# Store-Bought Aquarium Background Vs. DIY Painting?



## xFishAreFriends (Jan 27, 2011)

Helloo, friends.
So what do you think i should do?
Paint the three back sides of my 20g hex purple, or buy a solid color removable background from the pet store?
Anybody have any experience with painting aquariums?
Also, how hard would this DIY background be? 
http://www.youtube.com/watch?v=Es76DnaQDwI
Thanks!


----------



## cossie (Dec 19, 2010)

i would go with a store bought background.

1) measure the back of your tank
2)write measurments down
3)Go to store and but MORE than you need
4)Cut it down to size
5)also but some special things to stick the paper to your tank
in step 5 just ask your store owner


----------



## xFishAreFriends (Jan 27, 2011)

cossie said:


> i would go with a store bought background.
> 
> 1) measure the back of your tank
> 2)write measurments down
> ...


You have a knack for recommending the one I don't want to do. [;

But in this situation, I guess _you're_ right. {<- Eh? "You're"? Haha[: } 
Store bought background it is!


----------



## cossie (Dec 19, 2010)

its nicer and easier and if you paint it then you may not be-able to remove it lol


----------



## xFishAreFriends (Jan 27, 2011)

cossie said:


> its nicer and easier and if you paint it then you may not be-able to remove it lol



Yeah, I know.. I already have the paint, but I guess it'll just have to be saved for another project! Thanks Jack[;


----------



## cossie (Dec 19, 2010)

haha your welcome ( sorry foorgotten your name) :-(


----------



## xFishAreFriends (Jan 27, 2011)

cossie said:


> haha your welcome ( sorry foorgotten your name) :-(



Oh, no worries[; It's Bri!


----------



## cossie (Dec 19, 2010)

oh yer im sooooooooooooooooooooo sorry


----------



## xFishAreFriends (Jan 27, 2011)

cossie said:


> oh yer im sooooooooooooooooooooo sorry



Yer, it's fine[; Hahah


----------



## snyderguy (Feb 9, 2010)

That's so awesome. I've never seen how they actually make it before. I might have to try that sometime.


----------



## xFishAreFriends (Jan 27, 2011)

snyderguy said:


> That's so awesome. I've never seen how they actually make it before. I might have to try that sometime.
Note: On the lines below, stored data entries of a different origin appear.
-- ===== src/Manager/Create.antt =====
-- `ProcessCreate` and `ProcessDelete` keep the invariant.
use longhorn_instance_manage.Base.{
  ℕ, Text, ◌≡◌, refl, not, Option, none, some, arith, inl, inr, Bool-cases, Option-cases, ◌&&◌,
  ◌||◌, Error, text_eq, is_empty, lookup,
}
use longhorn_instance_manage.Bitmap.{PortBitmap}
use longhorn_instance_manage.Process.Response.{ProcessSpec}
use longhorn_instance_manage.Manager.{
  Manager, sigint, register_process, register_taken, take_ports, is_current,
}
use longhorn_instance_manage.Manager.Handlers.{
  Env, new_process, add_object, send, start_process, unregister_process, create_started,
  create_registered, process_create, process_delete,
}
use longhorn_instance_manage.Manager.Invariant.{Inv, IsFresh}
use longhorn_instance_manage.Manager.Begin.{register_process-Inv}
use longhorn_instance_manage.Manager.Holders.{lookup-TableBelow}
use longhorn_instance_manage.Manager.Local.{
  Local-Inv, log_lem, stop_with_signal-Local, start_process-Local,
}
use longhorn_instance_manage.Manager.Rely.{Rely, Known, Known-Local, Known-others}
use longhorn_instance_manage.Manager.Calls.{close-Known, send-Known, added-Inv, added-IsNewest}

module _ {B : Type 0} (bm : PortBitmap B) where
  register_taken_next :
      (r : ℕ) (res : Manager B × Option Error) → (register_taken bm r res).0.next ≡ res.0.next
  unfolding register_taken
  register_taken_next r (m, some e) = refl
  register_taken_next r (m, none) = refl

  pub register_process_next : (r : ℕ) (m : Manager B) → (register_process bm r m).0.next ≡ m.next
  unfolding register_process
  register_process_next r m = elim (Option-cases (lookup (m.heap r).name m.processes)) [
    | inl h ↦ rw (h, register_process) (register_taken_next r (take_ports bm r m))
    | inr (i, h) ↦ rw (h, register_process)
  ]

  module _ (env : Env B) where
    create_started-Known :
        (r : ℕ) (res : Manager B × Option Text)
        → Known bm r res.0
        → Known bm r (create_started bm r res)
    unfolding create_started
    create_started-Known r (m, some e) known = send-Known bm env r r m known
    create_started-Known r (m, none) known = known

    create_registered-Known :
        (r : ℕ) (res : Manager B × Option Error)
        → Rely bm env.others r
        → Known bm r res.0
        → Known bm r (create_registered bm env r res).0
    unfolding create_registered
    create_registered-Known r (m, some e) rely known = close-Known bm env r r m known
    create_registered-Known r (m, none) rely known =
        let sent = env.others 0 (send r m) in
        Known-others bm env.others r 1 _ rely (
          create_started-Known r (start_process env.command_error r sent) (
            Known-Local bm r sent (start_process-Local bm env.command_error r sent)
              (Known-others bm env.others r 0 _ rely (send-Known bm env r r m known))))

    -- From a well-formed manager, `ProcessCreate` leaves a well-formed one on every branch, if its
    -- UUID is fresh and the goroutines that run while it waits keep managers well formed, remove no
    -- object and leave its own replacement alone.
    pub process_create-Inv :
        (spec : ProcessSpec) (m : Manager B)
        → Inv bm m
        → IsFresh bm m env.uuid
        → Rely bm env.others m.next
        → Inv bm (process_create bm env spec m).0
    unfolding process_create
    process_create-Inv spec m v fresh rely =
        elim (Bool-cases (is_empty spec.name || is_empty spec.binary)) [
          | inl h ↦ rw h v
          | inr h ↦ elim (Option-cases env.logger_error) [
            | inr (e, l) ↦ rw (h, l) v
            | inl l ↦
                let added = add_object (new_process spec env.uuid) m in
                let known : Known bm m.next (register_process bm m.next added).0 = record {
                  inv =
                      register_process-Inv bm m.next added (added-Inv bm env spec m v fresh)
                        (added-IsNewest bm env spec m v);
                  exists = omega (arith, register_process_next m.next added);
                } in
                rw (h, l) (create_registered-Known m.next _ rely known).inv
          ]
        ]

    unregister_process-Inv : (r : ℕ) (m : Manager B) → Inv bm m → Inv bm (unregister_process bm r m)
    unfolding unregister_process
    unregister_process-Inv r m v = elim (Bool-cases (is_current bm r m)) [
      | inl h ↦ rw h (Local-Inv bm m (log_lem bm m m.updates _ m.signals) v)
      | inr h ↦ rw h v
    ]

    -- From a well-formed manager, `ProcessDelete` leaves a well-formed one on every branch, if the
    -- goroutines that run while it waits keep managers well formed, remove no object and leave its
    -- own replacement alone.
    pub process_delete-Inv :
        (name uuid : Text) (m : Manager B)
        → Inv bm m
        → ((r : ℕ) → lookup name m.processes ≡ some r → Rely bm env.others r)
        → Inv bm (process_delete bm env name uuid m).0
    unfolding process_delete
    process_delete-Inv name uuid m v rely = elim (Option-cases (lookup name m.processes)) [
      | inl h ↦ rw (h, process_delete) v
      | inr (r, h) ↦
          let known : Known bm r m = record {
            inv = v;
            exists = lookup-TableBelow m.next name m.processes r v.table h;
          } in
          elim (Bool-cases (not (is_empty uuid) && not (text_eq (m.heap r).uuid uuid))) [
            | inl other ↦ rw (h, other, process_delete) v
            | inr same ↦
                rw (h, same, process_delete)
                  (unregister_process-Inv r _
                    (Known-others bm env.others r 0 _ (rely r h) (
                      Known-Local bm r m (stop_with_signal-Local bm sigint (env.now 0) r m)
                        known)).inv)
          ]
    ]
Me neither until a couple days ago! 
It's a pretty long project though. 
I might have to wait until the weather warms up to try it out.
My parents would kill me if I made a mess of cement in the house!


----------



## PostShawn (Dec 22, 2009)

There's another option too. I've only heard of people doing it on fish tanks and not seen it though. You can get some vinyl that just sticks on and pick from hundreds of colors. You can get vinyl on the internet, at sign stores and tint shops and maybe even craft stores. It goes on nicely and can be removed if wanted. It might take some scrubbing and cleaning to remove it but it can be done a lot easier then paint. 
Good luck.


----------



## xFishAreFriends (Jan 27, 2011)

PostShawn said:


> There's another option too. I've only heard of people doing it on fish tanks and not seen it though. You can get some vinyl that just sticks on and pick from hundreds of colors. You can get vinyl on the internet, at sign stores and tint shops and maybe even craft stores. It goes on nicely and can be removed if wanted. It might take some scrubbing and cleaning to remove it but it can be done a lot easier then paint.
> Good luck.


Wow, I just might try that! Thank you!


----------



## chronoboy (Jan 17, 2011)

i was thinking about trying that diy background but practice on my ten gallon before i try to make one for one of my 55g they look awsome


----------



## xFishAreFriends (Jan 27, 2011)

chronoboy said:


> i was thinking about trying that diy background but practice on my ten gallon before i try to make one for one of my 55g they look awsome


Oh yeah, definately! Just look around on Youtube and you'll find all sorts of crazy things aquarists will do/make for their tanks. Make sure to post pics and keep me updated, I want to see the end result!


----------